Detainee Bill Nears Passage
Republicans on Wednesday cleared procedural hurdles in the House and Senate on the way to giving President Bush authority to detain, interrogate and try terrorism detainees before military commissions.
House Republicans succeeded on a vote in blocking any Democratic amendments to the legislation. In the Senate, GOP leaders won an agreement from Democrats to debate the bill for less than a dozen hours and then vote on it.
Four Democrats and Republican Sen. Arlen Specter of Pennsylvania are being given opportunities to offer amendments in the Senate, but all were expected to fall with lawmakers eager to adjourn this weekend to devote the next five weeks to campaigning for re-election.
Specter's amendment would strike a provision in the bill that denies terrorism suspects the right to appeal their detention in court.
Senate Majority Leader Bill Frist, R-Tenn., urged quick action on the overall detainee legislation.
"Until Congress passes this legislation, terrorists ... cannot be tried for war crimes in the United States and the United States risks fighting a blind war without adequate intelligence," Frist said. "That's simply unacceptable."
While bowing to the inevitable, Democrats continued to criticize the bill. Michigan Sen. Carl Levin, the senior Democrat on the Senate Armed Services Committee, said defendants still won't be able to confront some classified evidence against them while allowing evidence obtained through torture.
Rep. Ike Skelton of Missouri, top Democrat on the House Armed Services Committee, said Congress was acting in "an election-year frenzy" without addressing human rights and constitutional issues raised by the bill.

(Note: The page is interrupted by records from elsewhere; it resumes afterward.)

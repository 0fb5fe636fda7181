-- ===== src/Record/Page/Errors.antt =====
-- The dial errors that record.py lists on its page.
use millionws.Base.{
  ◌≡◌, refl, sym, ap, subst, ◌∙◌, false, ◌||◌, some, List, [], ◌∷◌, arith, Bool-cases, inl, inr,
  if◌then◌else◌,
}
use millionws.Base.Int.{ℤ}
use millionws.Base.Text.{Text, codes, text_eq, member, IsFresh}
use millionws.Base.Text.Laws.{text_eq_iff}
use millionws.Base.Sort.{text_lt, insert_sorted, sorted}
use millionws.Base.Sort.Increasing.{IsIncreasing, member-sorted, sorted-IsIncreasing}
use millionws.Base.Dict.{Dict, lookup, insert, keys}
use millionws.Base.Result.{ok, ok_injective, raised-ne-ok, Result-cases}
use millionws.Record.Number.{Float, truthy}
use millionws.Record.Sampler.{Sample}
use millionws.Record.Loop.{Args}
use millionws.Record.Summary.{reason_label, count_errors, Summary, write_summary}
use millionws.Record.Summary.Errors.{write_summary-count_errors}
use millionws.Record.Page.{item_lt, error_items}

keys-insert_sorted :
    (k : Text) (v : ℤ) (d : Dict ℤ)
    → member k (keys d) ≡ false
    → keys (insert_sorted item_lt (k, v) d) ≡ insert_sorted text_lt k (keys d)
unfolding insert_sorted keys member
keys-insert_sorted k v [] h = refl
keys-insert_sorted k v ((l, w) ∷ d) h =
    ground (arith, text_eq_iff k l, text_eq_iff l k, keys-insert_sorted k v d)

lookup-insert_sorted :
    (r k : Text) (v : ℤ) (d : Dict ℤ)
    → member k (keys d) ≡ false
    → lookup r (insert_sorted item_lt (k, v) d) ≡ (if text_eq r k then some v else lookup r d)
unfolding insert_sorted keys member lookup
lookup-insert_sorted r k v [] h = refl
lookup-insert_sorted r k v ((l, w) ∷ d) h =
    ground (arith, text_eq_iff r k, text_eq_iff r l, text_eq_iff k l, lookup-insert_sorted r k v d)

sorted_items :
    (d : Dict ℤ)
    → IsFresh (keys d)
    → (keys (sorted item_lt d) ≡ sorted text_lt (keys d))
      × ((r : Text) → lookup r (sorted item_lt d) ≡ lookup r d)
unfolding sorted keys lookup
sorted_items [] h = (refl, λ r. refl)
sorted_items ((k, v) ∷ d) h =
    let (same_keys, same_values) = sorted_items d h.1 in
    let new = ap (member k) same_keys ∙ member-sorted k (keys d) ∙ h.0 in
    (
      keys-insert_sorted k v (sorted item_lt d) new ∙ ap (insert_sorted text_lt k) same_keys,
      λ r.
          lookup-insert_sorted r k v (sorted item_lt d) new
          ∙ ap (λ o. if text_eq r k then some v else o) (same_values r),
    )

member-insert :
    (j k : Text) (v : ℤ) (d : Dict ℤ)
    → member j (keys (insert k v d)) ≡ (text_eq j k || member j (keys d))
unfolding insert keys member
member-insert j k v [] = refl
member-insert j k v ((l, w) ∷ d) =
    ground (arith, text_eq_iff k l, text_eq_iff j k, text_eq_iff j l, member-insert j k v d)

insert-IsFresh : (k : Text) (v : ℤ) (d : Dict ℤ) → IsFresh (keys d) → IsFresh (keys (insert k v d))
unfolding insert keys member
insert-IsFresh k v [] h = (refl, tt)
insert-IsFresh k v ((l, w) ∷ d) h = elim (Bool-cases (text_eq k l)) [
  | inl e ↦ rw e h
  | inr e ↦ rw e (
    ground (arith, member-insert l k v d, text_eq_iff k l, text_eq_iff l k),
    insert-IsFresh k v d h.1,
  )
]

module _ (f : Float) where
  count_errors-IsFresh :
      (err : Dict ℤ) (items : List (Dict Text × f.Carrier)) {out : Dict ℤ}
      → IsFresh (keys err)
      → count_errors f err items ≡ ok out
      → IsFresh (keys out)
  unfolding count_errors
  count_errors-IsFresh err [] {out} fresh h =
      subst (λ d. IsFresh (keys d)) (ok_injective err out h) fresh
  count_errors-IsFresh err ((labels, v) ∷ items) {out} fresh h = elim (Bool-cases (truthy f v)) [
    | inr none_seen ↦ count_errors-IsFresh err items fresh (rw (count_errors, none_seen) at h)
    | inl seen ↦ elim (Result-cases (f.truncate v)) [
      | inl (n, whole) ↦
          let label = reason_label (lookup (codes "reason") labels) in
          count_errors-IsFresh (insert label n err) items (insert-IsFresh label n err fresh)
            (rw (count_errors, seen, whole) at h)
      | inr (x, whole) ↦ absurd (raised-ne-ok x out (rw (count_errors, seen, whole) at h))
    ]
  ]

  -- Of a summary that `write_summary` made, the dial errors in the order of the page have their
  -- reasons in increasing order, each once, and for every reason the number that the summary has.
  pub error_items-write_summary :
      (args : Args) (idle : Sample f) (rows : List (Sample f)) (ended : Text)
      (errors : List (Dict Text × f.Carrier)) {s : Summary f}
      → write_summary f args idle rows ended errors ≡ ok s
      → IsIncreasing (keys (error_items s.dial_errors_by_reason))
        × ((reason : Text)
            → lookup reason (error_items s.dial_errors_by_reason)
              ≡ lookup reason s.dial_errors_by_reason)
  unfolding error_items keys
  error_items-write_summary args idle rows ended errors {s} h =
      let counted = write_summary-count_errors f args idle rows ended errors h in
      let fresh = count_errors-IsFresh [] errors tt counted in
      let (same_keys, same_values) = sorted_items s.dial_errors_by_reason fresh in
      (
        subst IsIncreasing (sym same_keys)
            (sorted-IsIncreasing (keys s.dial_errors_by_reason) fresh),
        same_values,
      )
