-- ===== src/Record/Loop/Decisions.antt =====
-- One round of record.py's loop, against the rounds so far: what a reason to stop says of them, and
-- what the variables say of them.
use millionws.Base.{
  ℕ, ◌≡◌, refl, subst, ◌⊎◌, inl, inr, true, false, Option, some, List, [], ◌∷◌, All, Any, arith,
  Bool-cases,
}
use millionws.Base.Int.{ℤ}
use millionws.Base.Text.{codes, starts_with}
use millionws.Record.Number.{Float, IsFloat}
use millionws.Record.Sampler.{Sample}
use millionws.Record.Loop.{
  Args, Clock, has_passed, Progress, Reason, container_stopped, target_held, no_growth, time_limit,
  Decision, go_on, stop, conns_of, note_best, is_reached, or_now, or_none, check_time, check_target,
  decide,
}
use millionws.Record.Loop.History.{
  Turn, IsCount, IsWithin, Best, note_best-Best, IsMet, ReachedSoFar, Invariant,
}

module _ (f : Float) where
  -- What each reason says of the rounds, the last one first.
  abbrev pub Explains : Args → ℕ → List (Turn f) → Reason f → Type 0
  Explains args start [] reason = ⊥
  Explains args start ((s, c) ∷ hs) (container_stopped state) =
      (state ≡ s.state) × (starts_with s.state (codes "running") ≡ false)
  Explains args start ((s, c) ∷ hs) (target_held target hold) =
      (hold ≡ args.hold)
      × (s.loadgen_target ≡ some target)
      × IsMet f (s, c)
      × Any (λ (s', c'). IsMet f (s', c') × (has_passed hold c'.at_reached c.at_hold ≡ true))
          ((s, c) ∷ hs)
  Explains args start ((s, c) ∷ hs) (no_growth best plateau) =
      (plateau ≡ args.plateau)
      × Any
          (λ (s', c'). (conns_of f s' ≡ best) × (has_passed plateau c'.at_best c.at_plateau ≡ true))
          ((s, c) ∷ hs)
      × All (IsWithin f best) ((s, c) ∷ hs)
  Explains args start ((s, c) ∷ hs) (time_limit max) =
      (max ≡ args.max) × (has_passed max start c.at_limit ≡ true)

  note_best-reached_at :
      (x : f.Carrier) (now : ℕ) (p : Progress f) → (note_best f x now p).reached_at ≡ p.reached_at
  unfolding note_best
  note_best-reached_at x now p = ground arith

  module _ (args : Args) (start : ℕ) (s : Sample f) (c : Clock) (hs : List (Turn f)) where
    abbrev pub turns : List (Turn f)
    turns = (s, c) ∷ hs

    Any-at_best :
        (b : f.Carrier) (at : ℕ) (w : ℤ) (hs : List (Turn f))
        → has_passed w at c.at_plateau ≡ true
        → Any (λ (s', c'). (conns_of f s' ≡ b) × (c'.at_best ≡ at)) hs
        → Any (λ (s', c'). (conns_of f s' ≡ b) × (has_passed w c'.at_best c.at_plateau ≡ true)) hs
    Any-at_best b at w [] h n = n
    Any-at_best b at w (x ∷ xs) h (inl (e, t)) = inl (e, rw t h)
    Any-at_best b at w (x ∷ xs) h (inr n) = inr (Any-at_best b at w xs h n)

    Any-at_reached :
        (at : ℕ) (w : ℤ) (hs : List (Turn f))
        → has_passed w at c.at_hold ≡ true
        → Any (λ (s', c'). IsMet f (s', c') × (c'.at_reached ≡ at)) hs
        → Any (λ (s', c'). IsMet f (s', c') × (has_passed w c'.at_reached c.at_hold ≡ true)) hs
    Any-at_reached at w [] h n = n
    Any-at_reached at w (x ∷ xs) h (inl (e, t)) = inl (e, rw t h)
    Any-at_reached at w (x ∷ xs) h (inr n) = inr (Any-at_reached at w xs h n)

    check_time_plateau :
        (p : Progress f) (b : f.Carrier)
        → p.best ≡ some b
        → has_passed args.plateau p.best_at c.at_plateau ≡ true
        → check_time f args start c p ≡ stop (no_growth b args.plateau)
    unfolding check_time
    check_time_plateau p b e h = ground arith

    check_time_limit :
        (p : Progress f)
        → has_passed args.plateau p.best_at c.at_plateau ≡ false
        → (check_time f args start c p ≡ stop (time_limit args.max))
            × (has_passed args.max start c.at_limit ≡ true)
          ⊎ (check_time f args start c p ≡ go_on p)
    unfolding check_time
    check_time_limit p h = elim (Bool-cases (has_passed args.max start c.at_limit)) [
      | inl late ↦ inl (rw (h, late) refl, late)
      | inr early ↦ inr (rw (h, early) refl)
    ]

    -- What a decision has to be: the reason is explained, or the invariant holds of the new state.
    abbrev pub Sound : Decision f → Type 0
    Sound (stop r) = Explains args start turns r
    Sound (go_on p) = Invariant f turns p

    check_time-Sound :
        (p : Progress f)
        → Best f turns p
        → ReachedSoFar f turns p.reached_at
        → Sound (check_time f args start c p)
    check_time-Sound p b r = elim (Bool-cases (has_passed args.plateau p.best_at c.at_plateau)) [
      | inl late ↦
          rw (check_time_plateau p b.value b.is_best late)
            (refl, Any-at_best b.value p.best_at args.plateau turns late b.from_turn, b.bound)
      | inr early ↦ elim (check_time_limit p early) [
        | inl (e, late) ↦ rw e (refl, late)
        | inr e ↦ rw e (inr b, r)
      ]
    ]

    check_target_unmet :
        (p : Progress f)
        → is_reached f s.loadgen_target (conns_of f s) ≡ false
        → check_target f args start s c p ≡ check_time f args start c p
    unfolding check_target
    check_target_unmet p h = rw h refl

    -- The time since which the target counts as met.
    abbrev since_of : Progress f → ℕ
    since_of p = or_now p.reached_at c.at_reached

    check_target_held :
        (p : Progress f)
        → IsMet f (s, c)
        → has_passed args.hold (since_of p) c.at_hold ≡ true
        → check_target f args start s c p
          ≡ stop (target_held (or_none f s.loadgen_target) args.hold)
    unfolding check_target
    check_target_held p h late = rw (h, late) refl

    check_target_met :
        (p : Progress f)
        → IsMet f (s, c)
        → has_passed args.hold (since_of p) c.at_hold ≡ false
        → check_target f args start s c p
          ≡ check_time f args start c (record p { reached_at = some (since_of p) })
    unfolding check_target
    check_target_met p h early = rw (h, early) refl

    IsMet-since :
        (reached : Option ℕ)
        → IsMet f (s, c)
        → ReachedSoFar f hs reached
        → Any (λ (s', c'). IsMet f (s', c') × (c'.at_reached ≡ or_now reached c.at_reached)) turns
    IsMet-since reached h (inl e) = rw e (inl (h, refl))
    IsMet-since reached h (inr (since, e, n)) =
        let same : since ≡ or_now reached c.at_reached = rw e refl in
        subst (λ t. Any (λ (s', c'). IsMet f (s', c') × (c'.at_reached ≡ t)) turns) same (inr n)

    target_of_met : IsMet f (s, c) → s.loadgen_target ≡ some (or_none f s.loadgen_target)
    target_of_met h = ground arith

    older : (reached : Option ℕ) → ReachedSoFar f hs reached → ReachedSoFar f turns reached
    older reached (inl e) = inl e
    older reached (inr (since, e, n)) = inr (since, e, inr n)

    reached-Best :
        (p : Progress f) (reached : Option ℕ)
        → Best f turns p
        → Best f turns (record p { reached_at = reached })
    reached-Best p reached b = record {
      value = b.value;
      is_best = b.is_best;
      count = b.count;
      from_turn = b.from_turn;
      bound = b.bound;
    }

    check_target-Sound :
        (p : Progress f)
        → Best f turns p
        → ReachedSoFar f hs p.reached_at
        → Sound (check_target f args start s c p)
    check_target-Sound p b r = elim (Bool-cases (is_reached f s.loadgen_target (conns_of f s))) [
      | inr unmet ↦ rw (check_target_unmet p unmet) (check_time-Sound p b (older p.reached_at r))
      | inl met ↦
          let n = IsMet-since p.reached_at met r in
          elim (Bool-cases (has_passed args.hold (since_of p) c.at_hold)) [
            | inl late ↦
                rw (check_target_held p met late)
                  (refl, target_of_met met, met, Any-at_reached (since_of p) args.hold turns late n)
            | inr early ↦ rw (check_target_met p met early) (
                check_time-Sound (record p { reached_at = some (since_of p) })
                  (reached-Best p (some (since_of p)) b) (inr (since_of p, refl, n)))
          ]
    ]

    pub decide-Sound :
        IsFloat f
        → (p : Progress f) → Invariant f hs p
        → IsCount f s
        → Sound (decide f args start p s c)
    unfolding decide
    decide-Sound laws p (b, r) n = elim (Bool-cases (starts_with s.state (codes "running"))) [
      | inr gone ↦ rw gone (refl, gone)
      | inl up ↦ rw up (
          check_target-Sound (note_best f (conns_of f s) c.at_best p)
            (note_best-Best f laws s c hs p b n)
            (rw (note_best-reached_at (conns_of f s) c.at_best p) r))
    ]
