-- ===== src/Record/Loop/Explained.antt =====
-- Why a run of record.py's loop ended: each reason that `cmd_run` gives, in terms of the rounds.
use millionws.Base.{ℕ, ◌≡◌, refl, sym, subst, inl, inr, List, [], ◌∷◌, ◌++◌}
use millionws.Base.Result.{ok, raised}
use millionws.Record.Number.{Float, IsFloat}
use millionws.Record.Sampler.{Sample}
use millionws.Record.Loop.{
  Args, Progress, Reason, Decision-cases, decide, Round, Ending, stopped, run_loop, run, begin,
}
use millionws.Record.Loop.History.{Turn, IsCount, Invariant}
use millionws.Record.Loop.Decisions.{Explains, decide-Sound}

module _ (f : Float) where
  -- The rounds of a history, before those that are left; and its samples, the first one first.
  abbrev pub rounds_of : List (Turn f) → List (Round f) → List (Round f)
  rounds_of [] rest = rest
  rounds_of ((s, c) ∷ hs) rest = rounds_of hs ((ok s, c) ∷ rest)

  abbrev pub samples_of : List (Turn f) → List (Sample f)
  samples_of [] = []
  samples_of ((s, c) ∷ hs) = samples_of hs ++ (s ∷ [])

  abbrev pub CountRounds : List (Round f) → Type 0
  CountRounds [] = Unit
  CountRounds ((raised e, c) ∷ rounds) = CountRounds rounds
  CountRounds ((ok s, c) ∷ rounds) = IsCount f s × CountRounds rounds

  -- The rounds that a stopped run has taken, the last one first, with what is left of the rounds.
  abbrev pub Taken : Args → ℕ → List (Round f) → List (Sample f) → Reason f → Type 0
  Taken args start rounds rows reason =
      (hs : List (Turn f)) × (rest : List (Round f)) × (rounds ≡ rounds_of hs rest)
      × (rows ≡ samples_of hs)
      × Explains f args start hs reason

  stopped-injective :
      (rows rows' : List (Sample f)) (r r' : Reason f)
      → ◌≡◌ {A = Ending f} (stopped rows r) (stopped rows' r')
      → (rows ≡ rows') × (r ≡ r')
  stopped-injective rows rows' r r' h = (cc, cc)

  run_loop_explained :
      IsFloat f
      → (args : Args) (start : ℕ) (hs : List (Turn f)) (p : Progress f) (rounds : List (Round f))
        {rows : List (Sample f)} {reason : Reason f}
      → Invariant f hs p
      → CountRounds rounds
      → run_loop f args start p (samples_of hs) rounds ≡ stopped rows reason
      → Taken args start (rounds_of hs rounds) rows reason
  unfolding run_loop
  run_loop_explained laws args start hs p [] i n h = cc
  run_loop_explained laws args start hs p ((raised e, c) ∷ rounds) i n h = cc
  run_loop_explained laws args start hs p ((ok s, c) ∷ rounds) {rows} {reason} i n h =
      let sound = decide-Sound f args start s c hs laws p i n.0 in
      elim (Decision-cases f (decide f args start p s c)) [
        | inl (p', e) ↦
            run_loop_explained laws args start ((s, c) ∷ hs) p' rounds (rw e at sound) n.1
              (rw (e, run_loop) at h)
        | inr (r, e) ↦
            let (same_rows, same_reason) =
              stopped-injective (samples_of ((s, c) ∷ hs)) rows r reason (rw (e, run_loop) at h) in
            (
              (s, c) ∷ hs,
              rounds,
              refl,
              sym same_rows,
              subst (Explains f args start ((s, c) ∷ hs)) same_reason (rw e at sound),
            )
      ]

  -- Where the connection counts are numbers that are not negative, a run that stops has taken its
  -- rows from the first rounds, and its reason is true of them. The state of the last sample
  -- does not start with "running"; or the last sample meets the target, and a round that met it, the
  -- same or an earlier one, is `hold` seconds back or more; or `best` is the count of a round
  -- at least `plateau` seconds back and no sample of the run exceeds 1.005 times it;
  -- or `max` seconds have passed since the start.
  pub run_explained :
      IsFloat f
      → (args : Args) (start : ℕ) (rounds : List (Round f)) {rows : List (Sample f)}
        {reason : Reason f}
      → CountRounds rounds
      → run f args start rounds ≡ stopped rows reason
      → Taken args start rounds rows reason
  unfolding run
  run_explained laws args start rounds n h =
      run_loop_explained laws args start [] (begin f start) rounds (inl (refl, refl), inl refl) n h
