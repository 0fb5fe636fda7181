-- ===== src/Record/Command/Written.antt =====
-- What record.py's `cmd_run` writes: the summary and the page, against the loop's rounds.
use millionws.Base.{
  ℕ, ◌≡◌, ◌≢◌, sym, ap, subst, ◌∙◌, true, Option, List, [], ◌∷◌, ◌++◌, All, arith, inl, inr,
}
use millionws.Base.Text.{Text, codes}
use millionws.Base.Dict.{Dict}
use millionws.Base.Result.{Exception, Result-cases, ok, ◌>>=◌}
use millionws.Record.Number.{Float, IsFloat, zero_of, or_zero}
use millionws.Record.Parse.{Series, prom_vector, scrape_server}
use millionws.Record.Sampler.{Host, Sample, Sampler, new_sampler, sample, field}
use millionws.Record.Loop.{
  Args, Clock, Reason, reason_text, Round, Ending, stopped, failed, running, run,
}
use millionws.Record.Loop.History.{Turn, IsCount}
use millionws.Record.Loop.Explained.{CountRounds, rounds_of, samples_of, Taken, run_explained}
use millionws.Record.Summary.{Summary, write_summary}
use millionws.Record.Summary.Peak.{live_of, IsPeak}
use millionws.Record.Summary.Figures.{IsTakenAt, write_summary-IsPeak}
use millionws.Record.Page.{page}
use millionws.Record.Command.{sample_all, Finish, written, left, finish, cmd_run}
use millionws.Record.Command.Cpu.{sample-conns}

module _ (f : Float) where
  -- The count of the host's /metrics page, or 0 where it has none, is a number and not negative.
  abbrev pub HasCount : Host f × Clock → Type 0
  HasCount (h, c) =
      f.le (zero_of f) (or_zero f (field f (codes "server_conns") (scrape_server f h.metrics_page)))
      ≡ true

  sample_all-CountRounds :
      (self : Sampler f) (hosts : List (Host f × Clock))
      → All HasCount hosts
      → CountRounds f (sample_all f self hosts)
  unfolding sample_all
  sample_all-CountRounds self [] n = tt
  sample_all-CountRounds self ((h, c) ∷ hosts) n = elim (Result-cases (sample f h self)) [
    | inr (e, failure) ↦ rw (sample_all, failure) tt
    | inl ((s, next), sampled) ↦
        rw (sample_all, sampled)
          (
            subst (λ o. f.le (zero_of f) (or_zero f o) ≡ true) (sym (sample-conns f h self sampled))
                n.0,
            sample_all-CountRounds next hosts n.1,
          )
  ]

  All-last :
      (P : Sample f → Type 0) (rows : List (Sample f)) (s : Sample f)
      → All P rows
      → P s
      → All P (rows ++ (s ∷ []))
  All-last P [] s h p = (p, tt)
  All-last P (r ∷ rows) s h p = (h.0, All-last P rows s h.1 p)

  samples_of-IsCount :
      (hs : List (Turn f)) (rest : List (Round f))
      → CountRounds f (rounds_of f hs rest)
      → All (IsCount f) (samples_of f hs) × CountRounds f rest
  samples_of-IsCount [] rest n = (tt, n)
  samples_of-IsCount ((s, c) ∷ hs) rest n =
      let (rows, last) = samples_of-IsCount hs ((ok s, c) ∷ rest) n in
      (All-last (IsCount f) (samples_of f hs) s rows last.0, last.1)

  write_summary-reason :
      (args : Args) (idle : Sample f) (rows : List (Sample f)) (reason : Text)
      (errors : List (Dict Text × f.Carrier)) {s : Summary f}
      → write_summary f args idle rows reason errors ≡ ok s
      → s.stop_reason ≡ reason
  unfolding write_summary
  write_summary-reason args idle rows reason errors h = ground arith

  written-injective :
      {rows rows' : List (Sample f)} {s s' : Summary f} {lines lines' : List Text}
      → ◌≡◌ {A = Finish f} (written rows s lines) (written rows' s' lines')
      → (rows ≡ rows') × (s ≡ s') × (lines ≡ lines')
  written-injective h = (cc, cc, cc)

  left-ne-written :
      (x : Exception) (rows : List (Sample f)) (s : Summary f) (lines : List Text)
      → ◌≢◌ {A = Finish f} (left x) (written rows s lines)
  left-ne-written x rows s lines h = cc

  -- What the summary of a run says of it.
  pub record Reports (args : Args) (start : ℕ) (idle : Sample f) (rows : List (Sample f))
      (s : Summary f) (rounds : List (Round f)) : Type 0 where
    pub reason : Reason f
    pub explained : Taken f args start rounds rows reason
    pub stated : s.stop_reason ≡ reason_text f reason
    pub peak : IsPeak f (live_of f rows) s.at_peak
    pub figures : IsTakenAt f idle s.at_peak s

  finish-written :
      (args : Args) (idle : Sample f) (answer : Option (List Series)) (e : Ending f)
      {rows : List (Sample f)} {s : Summary f} {lines : List Text}
      → finish f args idle answer e ≡ written rows s lines
      → (reason : Reason f) × (e ≡ stopped rows reason)
        × (write_summary f args idle rows (reason_text f reason) (prom_vector f answer) ≡ ok s)
        × (lines ≡ page f s)
  unfolding finish
  finish-written args idle answer (failed x) h = cc
  finish-written args idle answer (running taken) h = cc
  finish-written args idle answer (stopped taken reason) {rows} {s} {lines} h =
      elim (Result-cases
        (write_summary f args idle taken (reason_text f reason) (prom_vector f answer))) [
          | inr (x, failure) ↦ absurd (left-ne-written x rows s lines (rw failure at h))
          | inl (t, made) ↦
              let (same_rows, same, shown) = written-injective (rw made at h) in
              (
                reason,
                ap (λ l. stopped l reason) same_rows,
                subst
                    (λ l.
                      write_summary f args idle l (reason_text f reason) (prom_vector f answer)
                      ≡ ok s)
                    same_rows (made ∙ ap ok same),
                sym shown ∙ ap (page f) same,
              )
        ]

  reports :
      IsFloat f
      → (args : Args) (start : ℕ) (idle : Sample f) (rounds : List (Round f))
        (errors : List (Dict Text × f.Carrier)) {rows : List (Sample f)} {reason : Reason f}
        {s : Summary f}
      → CountRounds f rounds
      → live_of f rows ≢ []
      → run f args start rounds ≡ stopped rows reason
      → write_summary f args idle rows (reason_text f reason) errors ≡ ok s
      → Reports args start idle rows s rounds
  reports laws args start idle rounds errors {rows} {reason} counts some_live stop made =
      let explained = run_explained f laws args start rounds counts stop in
      let (hs, rest, taken, same, why) = explained in
      let row_counts =
        subst (All (IsCount f)) (sym same)
          (samples_of-IsCount hs rest (subst (CountRounds f) taken counts)).0 in
      let (peak, figures) =
        write_summary-IsPeak f laws args idle rows (reason_text f reason) errors row_counts
          some_live made in
      record {
        reason = reason;
        explained = explained;
        stated = write_summary-reason args idle rows (reason_text f reason) errors made;
        peak = peak;
        figures = figures;
      }

  -- Of a run that comes to write its files, where each metrics page has a count that is a number and
  -- not negative, and some row has a cgroup and a count of the server that is not 0: the first sample has primed the
  -- sampler of the rounds; the rows of samples.csv are those of the first rounds; the reason in the
  -- summary is that of the loop, and is true of the rows; the peak of the summary is, of the
  -- rows with a cgroup and a count of the server that is not 0, the last whose count is at least
  -- 0.995 times the most of them, and the connections and their bytes are of it; and summary.md
  -- is the page of the same summary.
  pub cmd_run-Reports :
      IsFloat f
      → (args : Args) (idle : Sample f) (cgroup : Text) (first : Host f) (start : ℕ)
        (hosts : List (Host f × Clock)) (answer : Option (List Series)) {rows : List (Sample f)}
        {s : Summary f} {lines : List Text}
      → All HasCount hosts
      → live_of f rows ≢ []
      → cmd_run f args (ok idle) cgroup first start hosts answer ≡ written rows s lines
      → (primed : Sample f × Sampler f) × (◌>>=◌ (new_sampler f cgroup) (sample f first)
          ≡ ok primed)
        × Reports args start idle rows s (sample_all f primed.1 hosts)
        × (lines ≡ page f s)
  unfolding cmd_run
  cmd_run-Reports laws args idle cgroup first start hosts answer {rows} {s} {lines} n some_live h =
      elim (Result-cases (◌>>=◌ (new_sampler f cgroup) (sample f first))) [
        | inr (x, failure) ↦ absurd (left-ne-written x rows s lines (rw (failure, cmd_run) at h))
        | inl ((s0, sampler), primed) ↦
            let rounds = sample_all f sampler hosts in
            let (reason, stop, made, shown) =
              finish-written args idle answer (run f args start rounds)
                (rw (primed, cmd_run) at h) in
            let counts = sample_all-CountRounds sampler hosts n in
            (
              (s0, sampler),
              primed,
              reports laws args start idle rounds (prom_vector f answer) counts some_live stop made,
              shown,
            )
      ]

"I predict that the system created by this bill will be successfully challenged in the courts," Skelton said. "Our nation cannot afford to have any terrorist convictions overturned on judicial appeal."
Debate on the bill began almost simultaneously on both sides of the Capitol after hours behind-closed-doors negotiations. The House was expected to pass it by late afternoon and the Senate could complete late Wednesday night or Thursday. That would get it to Mr. Bush by week's end, giving Republicans an anti-terrorism victory to brag about on the campaign trail.
"Time is of the essence," said Rep. Tom Cole, R-Okla. "We must move this legislation to the president's desk."
However, Mr. Bush and GOP lawmakers will have to settle for less than a full loaf of the anti-terror measures they had hoped to enact before the Nov. 7 elections.
The president wanted Congress to pass separate legislation that would have authorized warrantless surveillance of international communications of terror suspects, as well as the separate plan to establish a court system to prosecute terrorists.
But as lawmakers scurried to finish several items before leaving town this weekend and focus instead on midterm elections, Mr. Bush's terrorism surveillance bill fell to the wayside. Vast differences between House and Senate versions of the wiretapping bill cannot be bridged before week's end, Republican officials conceded.
That allowed Republicans to focus on passing a bill that would allow Mr. Bush to put the nation's most dangerous terror suspects on trial this fall — just as voters head to the polls.
The bill would let the Pentagon move ahead with military trials of detainees at Guantanamo, providing authority the Supreme Court said President Bush didn't have by himself, reports CBS News correspondent Bob Fuss.
It leaves the Geneva Conventions alone but says the president can interpret them. It also protects CIA agents and others from war crimes charges for using methods some define as torture.
While the bill would grant defendants more legal rights than they had under the old system, it nevertheless would permit some trial evidence not usually allowed in regular U.S. courts.
Hearsay evidence, for example, would be permitted, as long as a judge finds it to be reliable. Coerced testimony would be allowed in narrow circumstances — generally if a judge finds it reliable and the statement was taken before a 2005 ban on cruel, inhuman or degrading treatment.